Pada sisi belanja daerah selama kurun waktu 2002-2006 menunjukkan perkembangan kapasitas
pembiayaan pembangunan yang semakin memadai, dimana jumlah dan proporsi belanja
pembangunan (belanja publik) dalam struktur belanja daerah mengalami peningkatan. Alokasi
belanja daerah yang terealisasi sebesar Rp. 955 Milyar (2002) telah dapat ditingkatkan menjadi
Rp. 1.091,81 Milyar pada tahun 2004, selanjutnya pada tahun 2005 dan 2006 ditargetkan
masing-masing sebesar Rp. 1.618,99 Milyar dan Rp. 2.043,52 Milyar3). Berdasarkan realisasi
belanja daerah 2002-2004 serta target tahun 2005-2006, rata-rata proporsi alokasi belanja
pembangunan (terdiri dari belanja publik, belanja bagi hasil dan bantuan keuangan, serta belanja
tak disangka) adalah sebesar 68,96% per tahun, dimana proporsi alokasi pada tahun 2006
ditargetkan sebesar 79,59% atau Rp. 1.626,43 Milyar3). Sedangkan permasalahan pokok dalam
penerapan belanja daerah selama kurun waktu 2002-2005 adalah belum efisiennya prioritas
alokasi belanja daerah secara proporsional, serta masih terbatasnya kemampuan
pengelolaannya termasuk dalam melaksanakan prinsip transparansi dan akuntabilitas, serta
profesionalisme.
E. Perencanaan Daerah
1. Perencanaan Pembangunan
Selama periode 2002-2004, pengimplementasian perencanaan pembangunan daerah diawali
dengan diterbitkannya Perda No. 2 Tahun 2002 Tentang Rencana Strategis Daerah (Renstrada)

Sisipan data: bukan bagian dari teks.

-- ===== src/Server/Invariant.antt =====
-- The invariant of the server of server/main.cpp, with lemmas on the calls that only send.
use irc_chat.Base.{nat_eq, text_eq}
use irc_chat.Base.{
  ℕ, ◌≤◌, ◌≡◌, refl, sym, ◌∙◌, inl, inr, true, false, [], ◌∷◌, some, Str, arith, ◌==◌, ==_iff, Map,
  lookup, contains, update, contains-lookup, contains-update, AllIn, Option-cases, Bool-cases,
  parse_error, out_of_range, bad_variant_access, bad_optional_access, runtime_error, null_deref,
  Result, ok, throw,
}
use irc_chat.Channel.{Member, Channel}
use irc_chat.Connection.{Connection, send_message}
use irc_chat.Db.Invariant.{ChannelInv, DbInv}
use irc_chat.Db.Membership.{in_channel, has_joined}
use irc_chat.Db.{Db}
use irc_chat.Message.{Message}
use irc_chat.Registry.{PollRegistry}
use irc_chat.Server.World.{bind-ok, World, on_connection, reply, send_if_connected, send_to_members}

-- The tables satisfy their invariant; each client of the tables has its connection object, and the other
-- way round; and an id that the counter has yet to give out is free.
pub record WorldInv (w : World) : Type 0 where
  pub db_inv : DbInv w.db
  pub live : (i : ℕ) → contains i w.connections ≡ contains i w.db.connections
  pub fresh : (i : ℕ) → w.curr_id_count ≤ i → contains i w.connections ≡ false

-- The same connections are there, in whatever state, and the counter stands where it stood.
pub record SameClients (w w' : World) : Type 0 where
  pub same_live : (i : ℕ) → contains i w'.connections ≡ contains i w.connections
  pub same_count : w'.curr_id_count ≡ w.curr_id_count

pub SameClients-trans : {u v w : World} → SameClients u v → SameClients v w → SameClients u w
SameClients-trans a b = record {
  same_live = λ i. b.same_live i ∙ a.same_live i;
  same_count = b.same_count ∙ a.same_count;
}

-- What may leave a handler: a state with the invariant, or an exception that ends the server. No handler
-- reads through a null or dangling pointer or an empty `optional`.
abbrev pub IsSafe {ℓ} : {A : Type ℓ} → Result (A × World) → Type 0
IsSafe (ok (_, w)) = WorldInv w
IsSafe (throw out_of_range) = Unit {0}
IsSafe (throw bad_variant_access) = Unit {0}
IsSafe (throw (parse_error msg)) = ⊥
IsSafe (throw bad_optional_access) = ⊥
IsSafe (throw runtime_error) = ⊥
IsSafe (throw null_deref) = ⊥

-- A change that touches no table and no client.
pub SameClients-WorldInv :
    {w w' : World} → WorldInv w → w'.db ≡ w.db → SameClients w w' → WorldInv w'
SameClients-WorldInv {w} {w'} h e s = record {
  db_inv = rw e h.db_inv;
  live = λ i. s.same_live i ∙ h.live i ∙ rw e;
  fresh = λ i le. s.same_live i ∙ h.fresh i (rw (← s.same_count) le);
}

pub on_connection_ok :
    (id : ℕ) (f : Connection → PollRegistry → Connection × PollRegistry) (w : World)
    → contains id w.connections ≡ true
    → (w' : World) × (on_connection id f w ≡ ok (tt, w')) × (w'.db ≡ w.db) × SameClients w w'
unfolding on_connection
on_connection_ok id f w there = elim (Option-cases (lookup id w.connections)) [
  | inl absent ↦ absurd (ground (arith, contains-lookup id w.connections, absent, there))
  | inr (c, e) ↦ (
    record w {
      connections = update id (λ _. (f c w.registry).0) w.connections;
      registry = (f c w.registry).1;
    },
    rw (e, on_connection) refl,
    refl,
    record {
      same_live = λ i. contains-update id i (λ _. (f c w.registry).0) w.connections;
      same_count = refl;
    },
  )
]

-- The pointers of these members are good.
abbrev pub AreLive : World → Map ℕ Member → Type 0
AreLive w = AllIn (λ (k : ℕ) (m : Member). contains m.conn w.connections ≡ true)

AreLive-SameClients :
    (w w' : World) (ms : Map ℕ Member) → SameClients w w' → AreLive w ms → AreLive w' ms
AreLive-SameClients w w' [] s h = tt
AreLive-SameClients w w' ((k, m) ∷ ms) s h =
    (s.same_live m.conn ∙ h.0, AreLive-SameClients w w' ms s h.1)

pub send_to_members_ok :
    (ms : Map ℕ Member) (msg : Message) (w : World)
    → AreLive w ms
    → (w' : World) × (send_to_members ms msg w ≡ ok (tt, w')) × (w'.db ≡ w.db) × SameClients w w'
unfolding send_to_members
send_to_members_ok [] msg w h = (w, refl, refl, record { same_live = λ i. refl; same_count = refl })
send_to_members_ok ((k, m) ∷ ms) msg w h =
    let (w₁, e₁, d₁, s₁) = on_connection_ok m.conn (send_if_connected msg) w h.0 in
    let (w₂, e₂, d₂, s₂) = send_to_members_ok ms msg w₁ (AreLive-SameClients w w₁ ms s₁ h.1) in
    (
      w₂,
      bind-ok (on_connection m.conn (send_if_connected msg)) (λ _. send_to_members ms msg) e₁ ∙ e₂,
      d₂ ∙ d₁,
      SameClients-trans s₁ s₂,
    )

AllIn-contains :
    (Q : ℕ → Type 0) (ms : Map ℕ Member)
    → ((k : ℕ) → contains k ms ≡ true → Q k)
    → AllIn (λ (k : ℕ) (m : Member). Q k) ms
unfolding contains
AllIn-contains Q [] h = tt
AllIn-contains Q ((j, m) ∷ ms) h = (
  h j (rw ((==_iff j j).1 refl)),
  AllIn-contains Q ms λ k c. h k (elim (Bool-cases (j == k)) [ inl e ↦ rw e | inr e ↦ rw e c ]),
)

AreLive-members :
    (w : World) (ms : Map ℕ Member)
    → AllIn (λ (k : ℕ) (m : Member). m.conn ≡ k) ms
    → AllIn (λ (k : ℕ) (m : Member). contains k w.connections ≡ true) ms
    → AreLive w ms
AreLive-members w [] p q = tt
AreLive-members w ((k, m) ∷ ms) p q = (rw p.0 q.0, AreLive-members w ms p.1 q.1)

-- The members of a channel can be sent to, where all who are in it are live.
pub channel_AreLive :
    (w : World) (db : Db) (name : Str) (ch : Channel)
    → lookup name db.channels ≡ some ch
    → ChannelInv name ch
    → ((k : ℕ) → in_channel db name k ≡ true → contains k w.connections ≡ true)
    → AreLive w ch.members
channel_AreLive w db name ch there inv live = AreLive-members w ch.members inv.pointers (
    AllIn-contains (λ k. contains k w.connections ≡ true) ch.members
      λ k c. live k (unfold in_channel in rw (there, in_channel) c))

pub has_joined-contains :
    (db : Db) (n : Str) (i : ℕ) → has_joined db n i ≡ true → contains i db.connections ≡ true
unfolding has_joined
has_joined-contains db n i h = ground (arith, contains-lookup i db.connections)

pub in_channel-live :
    (w : World)
    → WorldInv w
    → (n : Str) (k : ℕ) → in_channel w.db n k ≡ true
    → contains k w.connections ≡ true
in_channel-live w h n k c = h.live k ∙ has_joined-contains w.db n k (sym (h.db_inv.agree n k) ∙ c)

-- `conn->send_message(msg)` to a client of the tables.
pub reply-IsSafe :
    (id : ℕ) (msg : Message) (w : World)
    → WorldInv w
    → contains id w.db.connections ≡ true
    → IsSafe (reply id msg w)
unfolding reply
reply-IsSafe id msg w h there =
    let (w', e, d, s) = on_connection_ok id (send_message msg) w (h.live id ∙ there) in
    rw e (SameClients-WorldInv h d s)
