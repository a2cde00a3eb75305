-- ===== src/Server/Keeping.antt =====
-- The calls of server/main.cpp under a property of the state: where each of them returns, the property
-- still holds, if it does so across writes of the tables and the texts that are sent.
pub mod Commands
pub mod Reading
use irc_chat.Base.{nat_eq, text_eq}
use irc_chat.Base.{
  ℕ, ◌≡◌, inl, inr, Bool, true, false, [], ◌∷◌, Option, none, some, Str, lookup, update, Map,
  if◌then◌else◌, Option-cases, Result, ok, throw,
}
use irc_chat.Channel.{Member}
use irc_chat.Connection.{Connection, send_message}
use irc_chat.Db.{Db}
use irc_chat.Message.{Message}
use irc_chat.Registry.{PollRegistry}
use irc_chat.Server.World.{
  World, M, pure, ◌>>=◌, lift, on_option, on_connection, reply, send_if_connected, send_to_members,
  announce, quit_chan, get_db, put_db, modify_db, conn_info, channel_at,
}

abbrev pub Post : {A : Type 0} → (World → Type 0) → Result (A × World) → Type 0
Post Q (throw e) = Unit {0}
Post Q (ok (a, w)) = Q w

-- From `P` the call throws, or returns with `Q`.
unfoldable pub Ensures : {A : Type 0} → (World → Type 0) → (World → Type 0) → M A → Type 0
Ensures P Q m = (w : World) → P w → Post Q (m w)

-- The state after a call on the connection `c` that is kept under `id`.
abbrev pub called :
    (Connection → PollRegistry → Connection × PollRegistry) → ℕ → Connection → World → World
called f id c w = record w {
  connections = update id (λ _. (f c w.registry).0) w.connections;
  registry = (f c w.registry).1;
}

-- Writes of the tables and texts to the members of a channel leave the property.
pub record IsStable (P : World → Type 0) : Type 0 where
  pub on_db : (w : World) (db : Db) → P w → P (record w { db = db })
  pub on_member :
      (w : World) (k : ℕ) (c : Connection) (msg : Message)
      → lookup k w.connections ≡ some c
      → P w
      → P (called (send_if_connected msg) k c w)

-- And so does a reply to this client.
pub record CanReply (id : ℕ) (P : World → Type 0) : Type 0 where
  pub on_reply :
      (w : World) (c : Connection) (msg : Message)
      → lookup id w.connections ≡ some c
      → P w
      → P (called (send_message msg) id c w)

-- One call behind another.
pub then-Ensures :
    (P R Q : World → Type 0) {A B : Type 0} (m : M A) (f : A → M B)
    → Ensures P R m
    → ((a : A) → Ensures R Q (f a))
    → Ensures P Q (m >>= f)
unfolding Ensures
then-Ensures P R Q {A = A} {B = B} m f p q w h = go (m w) (p w h)
  where
    go :
        (r : Result (A × World))
        → Post R r
        → Post Q (elim r as (λ _. Result (B × World)) [ throw e ↦ throw e | ok (a, w') ↦ f a w' ])
    go (throw e) s = tt
    go (ok (a, w')) s = q a w' s

module _ (P Q : World → Type 0) where
  pub bind-Ensures :
      {A B : Type 0} (m : M A) (f : A → M B)
      → Ensures P P m
      → ((a : A) → Ensures P Q (f a))
      → Ensures P Q (m >>= f)
  bind-Ensures m f p q = then-Ensures P P Q m f p q

  pub if-Ensures :
      {A : Type 0} (b : Bool) (m k : M A)
      → Ensures P Q m
      → Ensures P Q k
      → Ensures P Q (if b then m else k)
  unfolding Ensures
  if-Ensures true m k p q = p
  if-Ensures false m k p q = q

  pub on_option-Ensures :
      {A B : Type 0} (o : Option A) (m : M B) (f : A → M B)
      → Ensures P Q m
      → ((a : A) → Ensures P Q (f a))
      → Ensures P Q (on_option o m f)
  unfolding on_option Ensures
  on_option-Ensures none m f p q = p
  on_option-Ensures (some a) m f p q = q a

  pub on_connection-Ensures :
      (id : ℕ) (f : Connection → PollRegistry → Connection × PollRegistry)
      → ((w : World) (c : Connection)
          → lookup id w.connections ≡ some c
          → P w
          → Q (called f id c w))
      → Ensures P Q (on_connection id f)
  unfolding on_connection Ensures
  on_connection-Ensures id f q w h = elim (Option-cases (lookup id w.connections)) [
    | inl gone ↦ rw (gone, on_connection) tt
    | inr (c, e) ↦ rw (e, on_connection) (q w c e h)
  ]

  pub weaker-Ensures :
      {A : Type 0} (m : M A) → ((w : World) → P w → Q w) → Ensures P P m → Ensures P Q m
  unfolding Ensures
  weaker-Ensures {A = A} m q p w h = go (m w) (p w h)
    where
      go : (r : Result (A × World)) → Post P r → Post Q r
      go (throw e) s = tt
      go (ok (a, w')) s = q w' s

module _ (P : World → Type 0) where
  pub pure-Ensures : {A : Type 0} (a : A) → Ensures P P (pure a)
  unfolding Ensures
  pure-Ensures a w h = h

  pub lift-Ensures : {A : Type 0} (r : Result A) → Ensures P P (lift r)
  unfolding Ensures
  lift-Ensures (throw e) w h = tt
  lift-Ensures (ok a) w h = h

  pub get_db-Ensures : Ensures P P get_db
  unfolding Ensures
  get_db-Ensures w h = h

  pub conn_info-Ensures : (id : ℕ) → Ensures P P (conn_info id)
  unfolding Ensures
  conn_info-Ensures id w h = lift-Ensures _ w h

  pub channel_at-Ensures : (name : Str) → Ensures P P (channel_at name)
  unfolding Ensures
  channel_at-Ensures name w h = lift-Ensures _ w h

  pub put_db-Ensures : (db : Db) → IsStable P → Ensures P P (put_db db)
  unfolding Ensures
  put_db-Ensures db s w h = s.on_db w db h

  pub modify_db-Ensures : (f : Db → Db) → IsStable P → Ensures P P (modify_db f)
  unfolding Ensures
  modify_db-Ensures f s w h = s.on_db w (f w.db) h

  pub reply-Ensures : (id : ℕ) (msg : Message) → CanReply id P → Ensures P P (reply id msg)
  unfolding reply
  reply-Ensures id msg r =
      on_connection-Ensures P P id (send_message msg) (λ w c e h. r.on_reply w c msg e h)

  pub send_to_members-sends :
      (ms : Map ℕ Member) (msg : Message)
      → ((w : World) (k : ℕ) (c : Connection)
          → lookup k w.connections ≡ some c
          → P w
          → P (called (send_if_connected msg) k c w))
      → Ensures P P (send_to_members ms msg)
  unfolding send_to_members
  send_to_members-sends [] msg s = pure-Ensures tt
  send_to_members-sends ((k, m) ∷ ms) msg s =
      bind-Ensures P P _ _
        (on_connection-Ensures P P m.conn (send_if_connected msg) (λ w c e h. s w m.conn c e h))
        (λ _. send_to_members-sends ms msg s)

  pub send_to_members-Ensures :
      (ms : Map ℕ Member) (msg : Message) → IsStable P → Ensures P P (send_to_members ms msg)
  send_to_members-Ensures ms msg s =
      send_to_members-sends ms msg (λ w k c e h. s.on_member w k c msg e h)

pub ruleset calls = (
  bind-Ensures, if-Ensures, on_option-Ensures, pure-Ensures, lift-Ensures, get_db-Ensures,
  put_db-Ensures, modify_db-Ensures, conn_info-Ensures, channel_at-Ensures, reply-Ensures,
  send_to_members-Ensures,
)

module _ (P : World → Type 0) (s : IsStable P) where
  pub announce-Ensures : (name : Str) (o : Option ℕ) → Ensures P P (announce name o)
  unfolding announce
  announce-Ensures name none = pure-Ensures P tt
  announce-Ensures name (some p) = search calls depth 9

  pub quit_chan-Ensures : (id : ℕ) (name : Str) → Ensures P P (quit_chan id name)
  unfolding quit_chan
  quit_chan-Ensures id name = search (calls, announce-Ensures) depth 9
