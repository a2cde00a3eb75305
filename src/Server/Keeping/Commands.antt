-- ===== src/Server/Keeping/Commands.antt =====
-- `server::handle_message` of server/main.cpp under a property that writes of the tables and sent texts
-- leave, and that the end of a connection turns into another.
use irc_chat.Base.{nat_eq, text_eq}
use irc_chat.Base.{
  ℕ, ◌≡◌, Bool, true, false, List, [], ◌∷◌, Option, none, some, Str, lookup, bad_variant_access,
  parse_error, Result, ok, throw,
}
use irc_chat.Channel.{Channel}
use irc_chat.Connection.{Connection, disconnect}
use irc_chat.Db.{ConnInfo}
use irc_chat.Message.Parse.{parse}
use irc_chat.Message.{Command, CommandOrReply, command, numeric_reply, Message}
use irc_chat.Server.Dispatch.{is_expected, handle_command, dispatch, with_parsed, handle_message}
use irc_chat.Server.Handlers.{
  take_nick, handle_nick, register_user, handle_user, handle_ping, quit_joined, enter, handle_join,
  leave_joined, quit_message, handle_quit, with_channel, say, speak, handle_privmsg, answer_whois,
  whois_on, handle_whois, change_mode, as_operator, handle_mode, kick_out, handle_kick,
}
use irc_chat.Server.Keeping.{
  Ensures, called, IsStable, CanReply, bind-Ensures, on_connection-Ensures, weaker-Ensures,
  pure-Ensures, lift-Ensures, conn_info-Ensures, calls, quit_chan-Ensures,
}
use irc_chat.Server.World.{World, M, pure, deref}

-- A message, once it is parsed, where its command takes `P` to `Q`.
module _ (P Q : World → Type 0) (id : ℕ) (info : ConnInfo) (weaker : (w : World) → P w → Q w)
    (handles : (cmd : Command) (params : List Str)
      → Ensures P Q (handle_command id info cmd params)) where
  dispatch-Ensures : (m : Message) → Ensures P Q (dispatch id info m)
  unfolding dispatch Ensures
  dispatch-Ensures m = go m.command_or_reply
    where
      guarded :
          (cmd : Command) (b : Bool)
          → Ensures P Q (elim b as (λ _. M (Unit {0})) [
            | true ↦ handle_command id info cmd m.params
            | false ↦ pure tt
          ])
      guarded cmd true = handles cmd m.params
      guarded cmd false = λ w h. weaker w h

      go :
          (c : CommandOrReply)
          → Ensures P Q (elim c as (λ _. M (Unit {0})) [
            | numeric_reply n ↦ λ w. throw bad_variant_access
            | command cmd ↦ elim (is_expected info.state cmd) as (λ _. M (Unit {0})) [
              | true ↦ handle_command id info cmd m.params
              | false ↦ pure tt
            ]
          ])
      go (numeric_reply n) = λ w h. tt
      go (command cmd) = guarded cmd (is_expected info.state cmd)

  pub with_parsed-Ensures : (res : Result Message) → Ensures P Q (with_parsed id info res)
  unfolding with_parsed Ensures
  with_parsed-Ensures (ok m) = dispatch-Ensures m
  with_parsed-Ensures (throw (parse_error msg)) = λ w h. weaker w h
  with_parsed-Ensures (throw _) = λ w h. tt

module _ (P : World → Type 0) (s : IsStable P) (id : ℕ) (r : CanReply id P) where
  with_channel-Ensures :
      (info : ConnInfo) (params : List Str) (absent : Message) (act : Str → Channel → M (Unit {0}))
      → ((name : Str) (ch : Channel) → Ensures P P (act name ch))
      → Ensures P P (with_channel id info params absent act)
  unfolding with_channel
  with_channel-Ensures info params absent act q = search calls depth 9

  as_operator-Ensures :
      (act : Str → Channel → M (Unit {0})) (name : Str) (ch : Channel)
      → Ensures P P (act name ch)
      → Ensures P P (as_operator id act name ch)
  unfolding as_operator
  as_operator-Ensures act name ch q = search calls depth 9

  quit_joined-Ensures : (o : Option Str) → Ensures P P (quit_joined id o)
  unfolding quit_joined
  quit_joined-Ensures none = pure-Ensures P tt
  quit_joined-Ensures (some name) = search (calls, quit_chan-Ensures) depth 9

  leave_joined-Ensures :
      (nick msg : Str) (o : Option Str) → Ensures P P (leave_joined id nick msg o)
  unfolding leave_joined
  leave_joined-Ensures nick msg none = pure-Ensures P tt
  leave_joined-Ensures nick msg (some name) = search (calls, quit_chan-Ensures) depth 9

  quit_message-Ensures : (nick : Str) (ps : List Str) → Ensures P P (quit_message nick ps)
  unfolding quit_message
  quit_message-Ensures nick [] = pure-Ensures P _
  quit_message-Ensures nick (p ∷ ps) = lift-Ensures P _

-- A command but QUIT keeps `P`. QUIT is the one that ends a connection, at its end.
module _ (P Q : World → Type 0) (s : IsStable P) (id : ℕ) (r : CanReply id P)
    (weaker : (w : World) → P w → Q w)
    (ends : (w : World) (c : Connection)
      → lookup id w.connections ≡ some c
      → P w
      → Q (called disconnect id c w)) where
  quit-Ensures :
      (info : ConnInfo) (params : List Str)
      → Ensures P Q (handle_command id info Command.quit params)
  unfolding handle_command handle_quit
  quit-Ensures info params = bind-Ensures P Q (deref info.nick) _ (lift-Ensures P _) λ nick.
      bind-Ensures P Q _ _ (quit_message-Ensures P s id r nick params) λ msg.
        bind-Ensures P Q _ _ (leave_joined-Ensures P s id r nick msg info.joined_channel)
          λ _. on_connection-Ensures P Q id disconnect ends

  command-Ensures :
      (info : ConnInfo) (cmd : Command) (params : List Str)
      → Ensures P Q (handle_command id info cmd params)
  unfolding handle_command take_nick handle_nick register_user handle_user handle_ping enter
      handle_join say speak handle_privmsg answer_whois whois_on handle_whois change_mode
      handle_mode kick_out handle_kick
  command-Ensures info Command.pong params = weaker-Ensures P Q _ weaker (pure-Ensures P tt)
  command-Ensures info Command.nick params = weaker-Ensures P Q _ weaker (search calls depth 9)
  command-Ensures info Command.user params = weaker-Ensures P Q _ weaker (search calls depth 9)
  command-Ensures info Command.ping params = weaker-Ensures P Q _ weaker (search calls depth 9)
  command-Ensures info Command.join params =
      weaker-Ensures P Q _ weaker (search (calls, quit_joined-Ensures) depth 12)
  command-Ensures info Command.mode params =
      weaker-Ensures P Q _ weaker
        (search (calls, with_channel-Ensures, as_operator-Ensures) depth 12)
  command-Ensures info Command.whois params = weaker-Ensures P Q _ weaker (search calls depth 12)
  command-Ensures info Command.privmsg params =
      weaker-Ensures P Q _ weaker (search (calls, with_channel-Ensures) depth 12)
  command-Ensures info Command.quit params = quit-Ensures info params
  command-Ensures info Command.kick params =
      weaker-Ensures P Q _ weaker
        (search (calls, with_channel-Ensures, as_operator-Ensures, quit_chan-Ensures) depth 12)

  pub handle_message-Ensures : (text : Str) → Ensures P Q (handle_message id text)
  unfolding handle_message
  handle_message-Ensures text =
      bind-Ensures P Q _ _ (conn_info-Ensures P id)
        (λ info. with_parsed-Ensures P Q id info weaker (command-Ensures info) (parse text))
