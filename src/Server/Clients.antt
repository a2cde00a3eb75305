-- ===== src/Server/Clients.antt =====
-- The clients of the server around `server::handle_message` of server/main.cpp: which connections
-- there are, before and after.
use mathlib.Core.Path.{subst}
use irc_chat.Base.{nat_eq, text_eq}
use irc_chat.Base.{ℕ, ◌≡◌, refl, Str, contains-update, ok}
use irc_chat.Connection.{Connection, send_message, disconnect}
use irc_chat.Registry.{PollRegistry}
use irc_chat.Server.Dispatch.{handle_message}
use irc_chat.Server.Invariant.{SameClients, SameClients-trans}
use irc_chat.Server.Keeping.Commands.{handle_message-Ensures}
use irc_chat.Server.Keeping.{Post, Ensures, IsStable, CanReply, called}
use irc_chat.Server.World.{World, send_if_connected}

-- A call on one connection leaves the set of the connections as it is.
called-SameClients :
    (f : Connection → PollRegistry → Connection × PollRegistry) (id : ℕ) (c : Connection)
    (w w' : World)
    → SameClients w w'
    → SameClients w (called f id c w')
called-SameClients f id c w w' s = SameClients-trans s (record {
  same_live = λ i. contains-update id i (λ _. (f c w'.registry).0) w'.connections;
  same_count = refl;
})

module _ (w : World) where
  SameClients-IsStable : IsStable (SameClients w)
  SameClients-IsStable = record {
    on_db = λ w' db s. record { same_live = s.same_live; same_count = s.same_count };
    on_member = λ w' k c msg e s. called-SameClients (send_if_connected msg) k c w w' s;
  }

  SameClients-CanReply : (id : ℕ) → CanReply id (SameClients w)
  SameClients-CanReply id = record {
    on_reply = λ w' c msg e s. called-SameClients (send_message msg) id c w w' s;
  }

-- Where `handle_message` returns, the same connections are there as before, and the id counter
-- stands where it stood.
pub handle_message-SameClients :
    (id : ℕ) (s : Str) (w w' : World) → handle_message id s w ≡ ok (tt, w') → SameClients w w'
unfolding Ensures
handle_message-SameClients id s w w' e = subst (Post (SameClients w)) e (
    handle_message-Ensures (SameClients w) (SameClients w) (SameClients-IsStable w) id
      (SameClients-CanReply w id) (λ w₁ q. q)
      (λ w₁ c there q. called-SameClients disconnect id c w w₁ q) s w
      (record { same_live = λ i. refl; same_count = refl }))
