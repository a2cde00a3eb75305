-- ===== src/Server/Loop.antt =====
-- The main loop of server/main.cpp, with `connection::poll_recv` of server/connection.cpp: new clients,
-- bytes that come in and go out, and the sweep of the connections that have ended.
pub mod Poll
pub mod Invariant
pub mod Sweep
pub mod Reachable
use irc_chat.Base.{nat_eq, text_eq}
use irc_chat.Base.{
  ℕ, ◌+◌, ◌%◌, ◌==◌, true, false, List, [], ◌∷◌, ◌++◌, Option, none, some, Str, codes, length, Map,
  lookup, contains, insert, update, erase, if◌then◌else◌, Exception, runtime_error, null_deref,
  Result, ok, throw,
}
use irc_chat.Connection.Recv.{store_chunk, find_end, copy_message, drop_message}
use irc_chat.Connection.Send.{Kernel, poll_send}
use irc_chat.Connection.{Connection, connect, disconnect}
use irc_chat.Db.{Db, ConnInfo, register_connection, remove_connection}
use irc_chat.Registry.{size_mod, PollRegistry}
use irc_chat.Server.Dispatch.{handle_message}
use irc_chat.Server.World.{
  World, M, pure, ◌>>=◌, ◌>>◌, lift, modify_db, conn_info, channel_at, value, on_option,
  on_connection, send_to_members, privmsg_from, quit_chan,
}

-- `poll_accept`, with the descriptor and the address of the stream that `accept` returned. The id is
-- new, so that `emplace` takes the connection in.
unfoldable pub poll_accept : ℕ → ℕ → World → World
poll_accept fd ipv4 w =
    let id = w.curr_id_count in
    let (c, r) = connect fd id w.registry in
    record {
      db = register_connection id ipv4 w.db;
      curr_id_count = (id + 1) % size_mod;
      connections = insert id c w.connections;
      registry = r;
    }

-- What `nonblocking_recv` returns: bytes (none where the peer has closed), `EWOULDBLOCK` or another
-- error.
pub data RecvResult : Type 0 where
  received : Str → RecvResult
  would_block recv_failed : RecvResult

-- The reader behind a chunk that is not empty: at most one message is taken off the buffer.
unfoldable pub read_message : ℕ → ℕ → M (Unit {0})
read_message id n w = elim (lookup id w.connections) [
  | none ↦ throw null_deref
  | some c ↦
      on_option (find_end n c) (pure tt)
        (λ msg_end.
          handle_message id (copy_message msg_end c)
          >> on_connection id (λ c r. (drop_message msg_end c, r)))
        w
]

unfoldable pub poll_recv : ℕ → RecvResult → M (Unit {0})
unfolding read_message
poll_recv id would_block = pure tt
poll_recv id recv_failed = λ w. throw runtime_error
poll_recv id (received chunk) =
    if length chunk == 0
    then on_connection id disconnect
    else on_connection id (λ c r. (store_chunk chunk c, r)) >> read_message id (length chunk)

-- The words to a channel whose member has gone, and leaving it.
unfoldable pub quit_swept : ℕ → ConnInfo → Option Str → M (Unit {0})
quit_swept id info none = pure tt
quit_swept id info (some joined) = do
  chan ← channel_at joined
  nick ← value info.nick
  send_to_members chan.members (privmsg_from nick (joined ∷ (nick ++ codes " quit") ∷ []))
  quit ← quit_chan id joined
  pure tt

-- The client is forgotten. The destructor of its connection, which has ended, does no more than close
-- the stream.
abbrev pub forget : ℕ → M (Unit {0})
forget id w =
    ok (tt, record w { db = remove_connection id w.db; connections = erase id w.connections })

unfoldable pub sweep_ended : ℕ → M (Unit {0})
unfolding quit_swept
sweep_ended id = do info ← conn_info id; quit_swept id info info.joined_channel; forget id

-- One round of the sweep: a connection is kept under its own id.
unfoldable pub sweep_one : ℕ → M (Unit {0})
unfolding sweep_ended
sweep_one id w = elim (lookup id w.connections) [
  | none ↦ ok (tt, w)
  | some c ↦ if c.connected then ok (tt, w) else sweep_ended id w
]

-- The rounds for these ids, in the order of iteration.
unfoldable pub sweep_all : List ℕ → M (Unit {0})
unfolding sweep_one
sweep_all [] = pure tt
sweep_all (id ∷ ids) = sweep_one id >> sweep_all ids

unfoldable pub ids_of : Map ℕ Connection → List ℕ
ids_of [] = []
ids_of ((id, c) ∷ cs) = id ∷ ids_of cs

unfoldable pub sweep : M (Unit {0})
unfolding sweep_all ids_of
sweep w = sweep_all (ids_of w.connections) w

-- `poll_send` of one connection.
unfoldable pub poll_send_at : ℕ → Kernel → M (Unit {0})
poll_send_at id k w = elim (lookup id w.connections) [
  | none ↦ throw null_deref
  | some c ↦ elim (poll_send k c w.registry) [
    | throw e ↦ throw e
    | ok (c', r) ↦
        ok (tt, record w { connections = update id (λ _. c') w.connections; registry = r })
  ]
]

Provinsi Banten 2002-2006, sebagai pedoman penyelenggaraan pemerintahan dan
pembangunan lima tahunan, yang ditindaklanjuti oleh tersusunnya seluruh Renstra
Sekretariat/Badan/Dinas/Kantor. Sedangkan dalam upaya meletakkan landasan pembangunan
jangka panjang (20 tahun) diterbitkan pula Perda No. 11 Tahun 2003 tentang Pola Dasar
Pembangunan Jangka Panjang Provinsi Banten 2002-2022.
Secara tahunan, upaya untuk mewujudkan perencanaan pembangunan partisipatif ditunjukkan
dengan tersusunnya Repetada selama periode 2002-2004, kemudian menginjak tahun 2005-
2006 diwujudkan melalui RKPD dan Renja SKPD Provinsi Banten. Rapat koordinasi teknis antar
Bapeda Provinsi Banten dengan Bappeda Kabupaten/Kota se Provinsi Banten juga dapat
diselenggarakan secara rutin pada setiap tahunnya. Setiap tahun, selama kurun waktu 2002-
2004 diselenggarakan Jaring Asmara, dan menginjak tahun 2005-2006 diwujudkan melalui
Musrenbang Provinsi Banten.
Perubahan paradigma dan pola perencanaan pembangunan seiring dengan diterbitkannya UU
17 Tahun 2003, UU No. 25 Tahun 2004 dan UU No. 32 Tahun 2004 telah ditindaklanjuti melalui
penyusunan Rancangan Peraturan Daerah tentang Sistem Perencanaan Pembangunan Daerah
(SPPD) Provinsi Banten pada tahun 2005, yang disertai tersusunnya Petunjuk Teknis Tata Cara
Penyusunan RPJPD, RPJMD, Renstra-SKPD, RKPD, Renja-SKPD dan Penyelenggaraan
Musrenbang Provinsi Banten serta Format Daftar Rencana Program dan Kegiatan (DRPK).
Dalam rangka meningkatkan kemampuan aparatur dalam bidang perencanaan pembangunan,
telah diselenggarakan pendidikan dan pelatihan penyusunan Renstra-SKPD dan Renja-SKPD
Provinsi Banten
2. Rencana Tata Ruang Wilayah
Dalam rangka mengarahkan struktur dan pola pemanfaatan ruang wilayah maka diterbitkan
Perda No. 36 Tahun 2002 Tentang Rencana Tata Ruang Wilayah Provinsi Banten 2002-2017.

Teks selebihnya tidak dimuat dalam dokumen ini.